The doors are closed. Welcome to the cell. It’s
Autopoietic Morphogenesis (A.M.)
Placing two related terms side by side is an act of creation in itself. In this case, the debate is open as to whether these terms inform each other, devalue each other though repetition, generate a new valid term or are simply meaningless.
Maybe we need an ampersand in the middle? : Autopoiesis & Morphogenesis.
“Autopoiesis” (from Greek auto-, meaning “self”, and poiesis, meaning “creation, production”) refers to:
- a system capable of reproducing and maintaining itself.
“Morphogenesis “(from the Greek ‘morphê’ shape and ‘genesis’ creation, literally, “beginning of the shape”) is the process that
- causes an organism to develop its shape.
- controls the organised spatial distribution of cells during the embryonic development of an organism.
- describes the evolution of a body structure within a taxonomic group.
These descriptive terms of biological systems provide the model we’re going to be starting with, and a framework to begin hanging discussions on. For the duration of an a.m session the walls of CAS become a membrane, and we are the biological process that ensures the cell grows, mutates and evolves in unpredictable ways.
a.m sessions will be based on the four key interrelated classes of event that characterize biological development:
- Patterning: The setting up of the positions of future events across space (at a variety of scales)
- Regulation of timing: The ‘clock’ mechanisms that regulate when events happen and can drive the evolution of new body plans.
- Cell differentiation: Changes in a cell’s set of expressed genes (its molecular phenotype)
- Morphogenesis: The processes that generate tissue organisation and shape and are usually the downstream response to the timing and patterning.
These classes will provide our parameters.
a.m: How does it work?
- A group of participants meet.
- They split into two teams.
- Activity is regulated by alternating hour-slots.
- For ONE HOUR, a team will build, create and manipulate freely within the cell space using whatever resources are to hand.
- After one hour, the teams will change, with the new team responding to the patterns and structures left by the preceding group.
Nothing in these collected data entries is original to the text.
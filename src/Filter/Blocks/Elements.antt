-- ===== src/Filter/Blocks/Elements.antt =====
-- util/bip158.rs: which elements a set holds after scripts were added to it.
use mathlib.Core.List.{map}
use chaintopeslashrust_tapyr.Common.{
  ℕ, ◌+◌, ◌≤◌, ◌≡◌, refl, sym, ap, ◌∙◌, arith, List, [], ◌∷◌, length, All, Bool, Bool-cases, true,
  false, inl, inr, ◌||◌, ◌==◌, eq→==, if◌then◌else◌, is_empty, bytes_eq, bytes_eq_refl,
  bytes_eq_sound,
}
use chaintopeslashrust_tapyr.Outcome.{Bytes}
use chaintopeslashrust_tapyr.Filter.Sets.{
  GcsFilterWriter, holds_element, insert_element, add_element,
}
use chaintopeslashrust_tapyr.Filter.Sets.Merging.{has, all_meet, any_meets}
use chaintopeslashrust_tapyr.Filter.Blocks.Collected.{nonempty_scripts, add_all}

-- The elements after `add_all`.
abbrev pub element_set : List Bytes → List Bytes → List Bytes
element_set [] es = es
element_set (s ∷ ss) es = element_set ss (if is_empty s then es else insert_element s es)

pub add_all-element_set :
    (ss : List Bytes) (w : GcsFilterWriter)
    → add_all ss w ≡ record {
      filter = w.filter;
      written = w.written;
      elements = element_set ss w.elements;
      m = w.m;
    }
unfolding add_element
add_all-element_set [] w = refl
add_all-element_set (s ∷ ss) w = elim (Bool-cases (is_empty s)) [
  | inl e ↦ rw e (add_all-element_set ss w)
  | inr e ↦ rw e (
      add_all-element_set ss (record {
        filter = w.filter;
        written = w.written;
        elements = insert_element s w.elements;
        m = w.m;
      }))
]

or_true : (b : Bool) → (b || true) ≡ true
or_true true = refl
or_true false = refl

insert-held :
    (s e : Bytes) (es : List Bytes)
    → holds_element s es ≡ true
    → holds_element s (insert_element e es) ≡ true
unfolding insert_element
insert-held s e es h = elim (Bool-cases (holds_element e es)) [
  | inl old ↦ rw old h
  | inr new ↦ rw (new, holds_element, h) (or_true (bytes_eq s e))
]

insert-holds : (s : Bytes) (es : List Bytes) → holds_element s (insert_element s es) ≡ true
unfolding insert_element
insert-holds s es = elim (Bool-cases (holds_element s es)) [
  | inl old ↦ rw old old
  | inr new ↦ rw (new, holds_element, bytes_eq_refl s) refl
]

set-held :
    (s : Bytes) (ss es : List Bytes)
    → holds_element s es ≡ true
    → holds_element s (element_set ss es) ≡ true
set-held s [] es h = h
set-held s (x ∷ ss) es h = elim (Bool-cases (is_empty x)) [
  | inl e ↦ rw e (set-held s ss es h)
  | inr e ↦ rw e (set-held s ss (insert_element x es) (insert-held s x es h))
]

pub set-holds :
    (s : Bytes) (ss es : List Bytes)
    → holds_element s (nonempty_scripts ss) ≡ true
    → holds_element s (element_set ss es) ≡ true
unfolding holds_element
set-holds s [] es h = cc
set-holds s (x ∷ ss) es h = elim (Bool-cases (is_empty x)) [
  | inl e ↦ rw e (set-holds s ss es (rw e at h))
  | inr e ↦
      let here : holds_element s (x ∷ nonempty_scripts ss) ≡ true = rw e at h in
      rw e (elim (Bool-cases (bytes_eq s x)) [
        | inl same ↦
            let equal : s ≡ x = bytes_eq_sound s x same in
            set-held s ss (insert_element x es)
              (ap (λ t. holds_element s (insert_element t es)) (sym equal) ∙ insert-holds s es)
        | inr differ ↦ set-holds s ss (insert_element x es) (rw differ at here)
      ])
]

pub length-element_set : (ss es : List Bytes) → length (element_set ss es) ≤ length es + length ss
unfolding insert_element
length-element_set [] es = omega arith
length-element_set (s ∷ ss) es = elim (Bool-cases (is_empty s)) [
  | inl e ↦ rw e (omega (arith, length-element_set ss es))
  | inr e ↦ rw e (elim (Bool-cases (holds_element s es)) [
    | inl old ↦ rw old (omega (arith, length-element_set ss es))
    | inr new ↦ rw new (omega (arith, length-element_set ss (s ∷ es)))
  ])
]

module _ (g : Bytes → ℕ) where
  held-has : (s : Bytes) (es : List Bytes) → holds_element s es ≡ true → has (map g es) (g s) ≡ true
  unfolding holds_element
  held-has s [] h = cc
  held-has s (e ∷ es) h = elim (Bool-cases (bytes_eq s e)) [
    | inl same ↦ rw (eq→== (g s) (g e) (ap g (bytes_eq_sound s e same))) refl
    | inr differ ↦ rw (held-has s es (rw differ at h)) (or_true (g s == g e))
  ]

  -- What a set holds is found in it, each and any.
  pub held-found :
      (query es : List Bytes)
      → All (λ s. holds_element s es ≡ true) query
      → (all_meet (has (map g es)) (map g query) ≡ true)
        × ((is_empty query || any_meets (has (map g es)) (map g query)) ≡ true)
  held-found [] es h = (refl, refl)
  held-found (q ∷ qs) es (h, hs) =
      let first = held-has q es h in
      let (rest, _) = held-found qs es hs in (rw first rest, rw first refl)
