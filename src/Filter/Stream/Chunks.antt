-- ===== src/Filter/Stream/Chunks.antt =====
-- util/bip158.rs: the bits of one round of writing or reading, as quotients and remainders.
use native.Mathlib.Nat.{mod-eq_of_lt, mod-lt, mul-div_left, div-div-eq-div-mul, pow-le-pow_right}
use chaintopeslashrust_tapyr.Common.{
  ℕ, ◌+◌, ◌-◌, ◌*◌, ◌/◌, ◌%◌, ◌^◌, ◌≤◌, ◌<◌, ◌≡◌, sym, ap, ◌∙◌, arith,
}
use chaintopeslashrust_tapyr.Common.Powers.{pow_positive, pow_add, pow_sum, mod_div, mod_scale}

pow_le : (i j : ℕ) → i ≤ j → 2 ^ i ≤ 2 ^ j
pow_le i j h = pow-le-pow_right {n = 2} (omega arith) {i = i} {j = j} h

-- All the bits left fit into the buffer.
pub chunk_last :
    (content n j s : ℕ)
    → n + j ≤ 8
    → n + j + s ≡ 64
    → content * 2 ^ (64 - n) % 2 ^ 64 / 2 ^ s % 256 ≡ content % 2 ^ n * 2 ^ j
chunk_last content n j s short total =
    let d : ℕ = content % 2 ^ n in
    let up : 2 ^ 64 ≡ 2 ^ n * 2 ^ (64 - n) = pow_sum 64 n (64 - n) (omega arith) in
    let cut : content * 2 ^ (64 - n) % 2 ^ 64 ≡ d * 2 ^ (64 - n) =
      ap (λ t. content * 2 ^ (64 - n) % t) up
      ∙ mod_scale content (2 ^ n) (2 ^ (64 - n)) (pow_positive n) (pow_positive (64 - n)) in
    let split : d * 2 ^ (64 - n) ≡ d * 2 ^ j * 2 ^ s =
      ap (λ (t : ℕ). d * t) (pow_sum (64 - n) j s (omega arith)) ∙ grind arith in
    let small : d * 2 ^ j < 2 ^ n * 2 ^ j =
      grind (arith, mod-lt content (pow_positive n), pow_positive j) in
    let byte : d * 2 ^ j < 256 = omega (arith, small, pow_add n j, pow_le (n + j) 8 short) in
    ap (λ t. t / 2 ^ s % 256) (cut ∙ split)
    ∙ ap (λ t. t % 256) (mul-div_left (d * 2 ^ j) (pow_positive s))
    ∙ mod-eq_of_lt byte

-- The buffer takes the highest of the bits left.
pub chunk_first :
    (content k j s : ℕ)
    → k ≤ 8
    → k + j ≤ 64
    → k + s ≡ 64
    → content * 2 ^ (64 - (k + j)) % 2 ^ 64 / 2 ^ s % 256 ≡ content / 2 ^ j % 2 ^ k
chunk_first content k j s short most total =
    let n : ℕ = k + j in
    let f : ℕ = 64 - n in
    let d : ℕ = content % 2 ^ n in
    let up : 2 ^ 64 ≡ 2 ^ n * 2 ^ f = pow_sum 64 n f (omega arith) in
    let cut : content * 2 ^ f % 2 ^ 64 ≡ d * 2 ^ f =
      ap (λ t. content * 2 ^ f % t) up
      ∙ mod_scale content (2 ^ n) (2 ^ f) (pow_positive n) (pow_positive f) in
    let lower : 2 ^ s ≡ 2 ^ f * 2 ^ j = pow_sum s f j (omega arith) in
    let high : d / 2 ^ j ≡ content / 2 ^ j % 2 ^ k =
      ap (λ t. content % t / 2 ^ j) (pow_add k j)
      ∙ mod_div content (2 ^ k) (2 ^ j) (pow_positive k) (pow_positive j) in
    let byte : content / 2 ^ j % 2 ^ k < 256 =
      omega (arith, mod-lt (content / 2 ^ j) (pow_positive k), pow_le k 8 short) in
    ap (λ t. t / 2 ^ s % 256) cut
    ∙ ap (λ t. d * 2 ^ f / t % 256) lower
    ∙ ap (λ t. t % 256) (sym (div-div-eq-div-mul (d * 2 ^ f) (2 ^ f) (2 ^ j)))
    ∙ ap (λ t. t / 2 ^ j % 256) (mul-div_left d (pow_positive f))
    ∙ ap (λ t. t % 256) high
    ∙ mod-eq_of_lt byte

-- The bits of the buffer that one round takes.
pub chunk_read :
    (buffer offset bits spare : ℕ)
    → offset + bits + spare ≡ 8
    → buffer * 2 ^ offset % 256 / 2 ^ (8 - bits) ≡ buffer / 2 ^ spare % 2 ^ bits
chunk_read buffer offset bits spare room =
    let k : ℕ = bits + spare in
    let byte : 256 ≡ 2 ^ k * 2 ^ offset = pow_sum 8 k offset (omega arith) in
    let lower : 2 ^ (8 - bits) ≡ 2 ^ offset * 2 ^ spare =
      pow_sum (8 - bits) offset spare (omega arith) in
    ap (λ t. buffer * 2 ^ offset % t / 2 ^ (8 - bits)) byte
    ∙ ap (λ t. t / 2 ^ (8 - bits))
        (mod_scale buffer (2 ^ k) (2 ^ offset) (pow_positive k) (pow_positive offset))
    ∙ ap (λ t. buffer % 2 ^ k * 2 ^ offset / t) lower
    ∙ sym (div-div-eq-div-mul (buffer % 2 ^ k * 2 ^ offset) (2 ^ offset) (2 ^ spare))
    ∙ ap (λ t. t / 2 ^ spare) (mul-div_left (buffer % 2 ^ k) (pow_positive offset))
    ∙ ap (λ t. buffer % t / 2 ^ spare) (pow_add bits spare)
    ∙ mod_div buffer (2 ^ bits) (2 ^ spare) (pow_positive bits) (pow_positive spare)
- Change and mutation can be subtractive as well as additive.
- The process will continue until a point of stability is found.
- This point can be determined through durational, aesthetic or material values and limitations.
All systems need energy to ‘go’. So, for us Material Supply is crucial.
This emerging methodology was used at Associates Launch day. The experiment ran from 11am – 4pm one weekend in December 2013 at Chapel Arts Studios in Andover.